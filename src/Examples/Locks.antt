-- ===== src/Examples/Locks.antt =====
-- Calls of the vault at once over the file store, under its lock.
use tari_vault.Base.{ℕ, true, false, ◌≡◌, [], ◌∷◌, ◌⊎◌}
use tari_vault.Storage.LocalFile.{Disk, local_file}
use tari_vault.Storage.LocalFile.Locking.Parts.{parts}
use tari_vault.Vault.History.{Call, retrieve, delete}
use tari_vault.Vault.Tasks.{begin, Reach}
use tari_vault.Vault.Tasks.Locked.{outside, Floor, work_at, LockedReach, opens, then, enters, works}
use tari_vault.Vault.Tasks.Locked.Steps.{coarse}
use tari_vault.Vault.Tasks.Locked.Turns.{Releases, locked_calls_are_turns}
use tari_vault.Examples.Toy.{suite}
use tari_vault.Examples.Shop.{token}
use tari_vault.Examples.Files.{host, disk}

abbrev opened : Floor (parts host).Loaded Disk
opened = record { workers = []; free = true; state = disk }

abbrev entered : Call → Floor (parts host).Loaded Disk → Floor (parts host).Loaded Disk
entered call x = record x { workers = outside (begin call) ∷ x.workers }

abbrev worked : ℕ → Floor (parts host).Loaded Disk → Floor (parts host).Loaded Disk
worked i x =
    let out = work_at suite (local_file host) (parts host) i x.workers x.free x.state in
    record { workers = out.0; free = out.1; state = out.2 }

-- A retrieval and a delete of one token: the delete has the lock and has read when the retrieval asks
-- for it.
abbrev busy : Floor (parts host).Loaded Disk
busy =
    worked 1
      (worked 0 (worked 0 (entered (delete 5000 token) (entered (retrieve 5000 token) opened))))

busy-LockedReach : LockedReach suite (local_file host) (parts host) (λ call. Unit {0}) disk busy
busy-LockedReach =
    then
      (then
        (then (then (then opens (enters (retrieve 5000 token) tt)) (enters (delete 5000 token) tt))
          (works 0))
        (works 0))
      (works 1)

locked_calls_are_turns_example :
    (e : Disk) × Reach suite
      (local_file host)
      (λ call. Unit {0})
      disk
      (coarse suite (local_file host) (parts host) busy.workers e)
    × (((busy.free ≡ true) × (busy.state ≡ e))
        ⊎ ((busy.free ≡ false)
            × (i : ℕ) × Releases suite (local_file host) (parts host) i busy.workers busy.state))
locked_calls_are_turns_example =
    locked_calls_are_turns suite (local_file host) (parts host) (λ call. Unit {0}) disk busy
      busy-LockedReach
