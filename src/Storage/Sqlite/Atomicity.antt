-- ===== src/Storage/Sqlite/Atomicity.antt =====
-- The operations of src/storage/sqlite.rs when any call that leaves the program may fail.
use tari_vault.Base.{
  ℕ, ◌-◌, Bytes, ◌≡◌, refl, sym, ◌∙◌, ap, Bool, Option, none, some, List, Result, ok, err, panic,
  Exec, pure, ◌>>=◌, ◌>>◌, length, ltb, Option-cases, inl, inr, ◌⊎◌, subst, continue,
}
use tari_vault.Error.{StorageError, io}
use tari_vault.Domain.Chrono.{Instant, Chrono}
use tari_vault.Domain.Record.{StoredRecord}
use tari_vault.Storage.Faults.{outcome, later}
use tari_vault.Storage.Backend.{StorageBackend}
use tari_vault.Storage.Sqlite.{
  Row, Database, call, answer, joined, spawn_blocking, without, insert_or_replace, without_expired,
  delete_where, row_of, read_row, select, parse_datetime, parse_optional, insert, fetch, delete,
  delete_expired, sqlite,
}
use tari_vault.Storage.Sqlite.Laws.{
  IsKeyed, without-Differs, without-IsKeyed, without_expired-IsKeyed,
}

-- The operation did all of its work on the rows and succeeded, or none of it and failed.
abbrev pub Whole :
    {A : Type 0}
    → (List Row → List Row)
    → (List Row → A → Type 0)
    → List Row
    → Result StorageError A × Database
    → Type 0
Whole {A} f P rows out =
    ((a : A) × (out.0 ≡ ok a) × P rows a × (out.1.rows ≡ f rows))
    ⊎ ((e : StorageError) × (out.0 ≡ err e) × (out.1.rows ≡ rows))

module _ {A : Type 0} (f : List Row → List Row) (P : List Row → A → Type 0) where
  call-Whole :
      (m : Exec Database StorageError A) (d : Database)
      → ((d : Database) → Whole f P d.rows (m d))
      → Whole f P d.rows ((call >> m) d)
  unfolding call answer
  call-Whole m d h = elim (Option-cases (outcome d.faults)) [
    | inl works ↦ rw works (h (record d { faults = later d.faults }))
    | inr (e, fails) ↦ rw fails (inr (io e, refl, refl))
  ]

  joined-Whole :
      (rows : List Row) (out : Result StorageError A × Database)
      → Whole f P rows out
      → Whole f P rows (joined out.0, out.1)
  unfolding joined
  joined-Whole rows out (inl (a, e, p, q)) = inl (a, ap joined e, p, q)
  joined-Whole rows out (inr (x, e, q)) = inr (x, ap joined e, q)

  spawn_blocking-Whole :
      (m : Exec Database StorageError A) (d : Database)
      → ((d : Database) → Whole f P d.rows (m d))
      → Whole f P d.rows (spawn_blocking m d)
  unfolding spawn_blocking
  spawn_blocking-Whole m d h =
      call-Whole (λ d. (joined (m d).0, (m d).1)) d (λ d. joined-Whole d.rows (m d) (h d))

-- A statement that deletes some rows, run by a closure that goes on with the count.
delete_where-Whole :
    (A : Type 0) (f : List Row → List Row) (g : ℕ → A) (d : Database)
    → Whole f
        (λ rows a. a ≡ g (length rows - length (f rows)))
        d.rows
        ((delete_where f >>= λ n. pure (g n)) d)
unfolding delete_where call answer
delete_where-Whole A f g d = elim (Option-cases (outcome d.faults)) [
  | inl works ↦ rw works (inl (g (length d.rows - length (f d.rows)), refl, refl, refl))
  | inr (e, fails) ↦ rw fails (inr (io e, refl, refl))
]

counted-Whole :
    (f : List Row → List Row) (d : Database)
    → Whole f (λ rows n. n ≡ length rows - length (f rows)) d.rows (delete_where f d)
unfolding delete_where call answer
counted-Whole f d = elim (Option-cases (outcome d.faults)) [
  | inl works ↦ rw works (inl (length d.rows - length (f d.rows), refl, refl, refl))
  | inr (e, fails) ↦ rw fails (inr (io e, refl, refl))
]

-- What only answers leaves the rows alone, and so does what it passes on.
continue-rows :
    {A B : Type 0} (r : Result StorageError A) (k : A → Exec Database StorageError B) (d : Database)
    → ((a : A) → (k a d).1.rows ≡ d.rows)
    → (continue r k d).1.rows ≡ d.rows
continue-rows (ok a) k d h = h a
continue-rows (err e) k d h = refl
continue-rows panic k d h = refl

module _ (chrono : Chrono) where
  insert-Whole :
      (id : Bytes) (r : StoredRecord) (d : Database)
      → Whole
          (insert_or_replace (row_of chrono id r))
          (λ rows a. Unit {0})
          d.rows
          (insert chrono id r d)
  unfolding insert
  insert-Whole id r d =
      spawn_blocking-Whole f P _ d
        (λ d. call-Whole f P _ d (λ d. call-Whole f P _ d (λ d. inl (tt, refl, tt, refl))))
    where
      f : List Row → List Row
      f = insert_or_replace (row_of chrono id r)

      P : List Row → Unit {0} → Type 0
      P rows a = Unit {0}

  delete-Whole :
      (id : Bytes) (d : Database)
      → Whole
          (without id)
          (λ rows removed. removed ≡ ltb 0 (length rows - length (without id rows)))
          d.rows
          (delete chrono id d)
  unfolding delete
  delete-Whole id d = spawn_blocking-Whole (without id) _ _ d (λ d.
      call-Whole (without id) _ _ d (λ d. delete_where-Whole Bool (without id) (λ n. ltb 0 n) d))

  delete_expired-Whole :
      (now : Instant) (d : Database)
      → let swept = without_expired (chrono.to_rfc3339 now) in
        Whole swept
          (λ rows n. n ≡ length rows - length (swept rows))
          d.rows
          (delete_expired chrono now d)
  unfolding delete_expired
  delete_expired-Whole now d =
      let swept = without_expired (chrono.to_rfc3339 now) in
      spawn_blocking-Whole swept _ _ d (λ d. call-Whole swept _ _ d (λ d. counted-Whole swept d))

  call-rows :
      {A : Type 0} (m : Exec Database StorageError A) (d : Database)
      → ((d : Database) → (m d).1.rows ≡ d.rows)
      → ((call >> m) d).1.rows ≡ d.rows
  unfolding call answer
  call-rows m d h = elim (Option-cases (outcome d.faults)) [
    | inl works ↦ rw works (h (record d { faults = later d.faults }))
    | inr (e, fails) ↦ rw fails refl
  ]

  parse_optional-rows :
      (t : Option Bytes) (d : Database) → (parse_optional chrono t d).1.rows ≡ d.rows
  unfolding parse_optional
  parse_optional-rows none d = refl
  parse_optional-rows (some s) d = continue-rows (parse_datetime chrono s) _ d (λ t. refl)

  read_row-rows : (row : Option Row) (d : Database) → (read_row chrono row d).1.rows ≡ d.rows
  unfolding read_row
  read_row-rows none d = refl
  read_row-rows (some row) d = continue-rows (parse_datetime chrono row.stored_at) _ d (λ t.
      let next = parse_optional chrono row.expires_at d in
      continue-rows next.0 _ next.1 (λ x. refl) ∙ parse_optional-rows row.expires_at d)

  fetch-rows : (id : Bytes) (d : Database) → (fetch chrono id d).1.rows ≡ d.rows
  unfolding fetch spawn_blocking
  fetch-rows id d = call-rows _ d (λ d.
      call-rows _ d
        (λ d. call-rows _ d (λ d. call-rows _ d (λ d. read_row-rows (select id d.rows) d))))

  abbrev pub proofs : StorageBackend Database
  proofs = sqlite chrono

  -- Whatever calls of the environment fail, a statement of SQLite being run whole or not at all: an insert, a delete
  -- and a sweep either fail and leave the rows as they are, or succeed, with the rows and the answer that the
  -- statement gives. A fetch leaves the rows as they are.
  pub sqlite_all_or_nothing :
      (id : Bytes) (r : StoredRecord) (now : Instant) (d : Database)
      → let swept = without_expired (chrono.to_rfc3339 now) in
        Whole
          (insert_or_replace (row_of chrono id r))
          (λ rows a. Unit {0})
          d.rows
          (proofs.insert id r d)
        × Whole
            (without id)
            (λ rows removed. removed ≡ ltb 0 (length rows - length (without id rows)))
            d.rows
            (proofs.delete id d)
        × Whole swept
            (λ rows n. n ≡ length rows - length (swept rows))
            d.rows
            (proofs.delete_expired now d)
        × ((proofs.fetch id d).1.rows ≡ d.rows)
  sqlite_all_or_nothing id r now d =
      (insert-Whole id r d, delete-Whole id d, delete_expired-Whole now d, fetch-rows id d)

  Whole-IsKeyed :
      {A : Type 0} (f : List Row → List Row) (P : List Row → A → Type 0) (rows : List Row)
      (out : Result StorageError A × Database)
      → IsKeyed rows
      → IsKeyed (f rows)
      → Whole f P rows out
      → IsKeyed out.1.rows
  Whole-IsKeyed f P rows out k kept (inl (a, e, p, q)) = subst IsKeyed (sym q) kept
  Whole-IsKeyed f P rows out k kept (inr (x, e, q)) = subst IsKeyed (sym q) k

  insert_or_replace-IsKeyed :
      (id : Bytes) (r : StoredRecord) (rows : List Row)
      → IsKeyed rows
      → IsKeyed (insert_or_replace (row_of chrono id r) rows)
  unfolding insert_or_replace row_of
  insert_or_replace-IsKeyed id r rows k = (without-Differs id rows, without-IsKeyed id rows k)

  -- The ids of the rows stay distinct under every operation, whatever calls of the environment fail.
  pub sqlite-IsKeyed :
      (id : Bytes) (r : StoredRecord) (now : Instant) (d : Database)
      → IsKeyed d.rows
      → IsKeyed (proofs.insert id r d).1.rows
        × IsKeyed (proofs.delete id d).1.rows
        × IsKeyed (proofs.delete_expired now d).1.rows
        × IsKeyed (proofs.fetch id d).1.rows
  sqlite-IsKeyed id r now d k =
      let swept = without_expired (chrono.to_rfc3339 now) in
      (
        Whole-IsKeyed (insert_or_replace (row_of chrono id r)) (λ rows a. Unit {0}) d.rows
            (proofs.insert id r d) k (insert_or_replace-IsKeyed id r d.rows k)
            (insert-Whole id r d),
        Whole-IsKeyed (without id)
            (λ rows removed. removed ≡ ltb 0 (length rows - length (without id rows))) d.rows
            (proofs.delete id d) k (without-IsKeyed id d.rows k) (delete-Whole id d),
        Whole-IsKeyed swept (λ rows n. n ≡ length rows - length (swept rows)) d.rows
            (proofs.delete_expired now d) k
            (without_expired-IsKeyed (chrono.to_rfc3339 now) d.rows k) (delete_expired-Whole now d),
        subst IsKeyed (sym (fetch-rows id d)) k,
      )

^^^^^^^^

→ What the task asks
Say, as a bare number, how many lines in the entries above include the string "kept".

→ Task output
2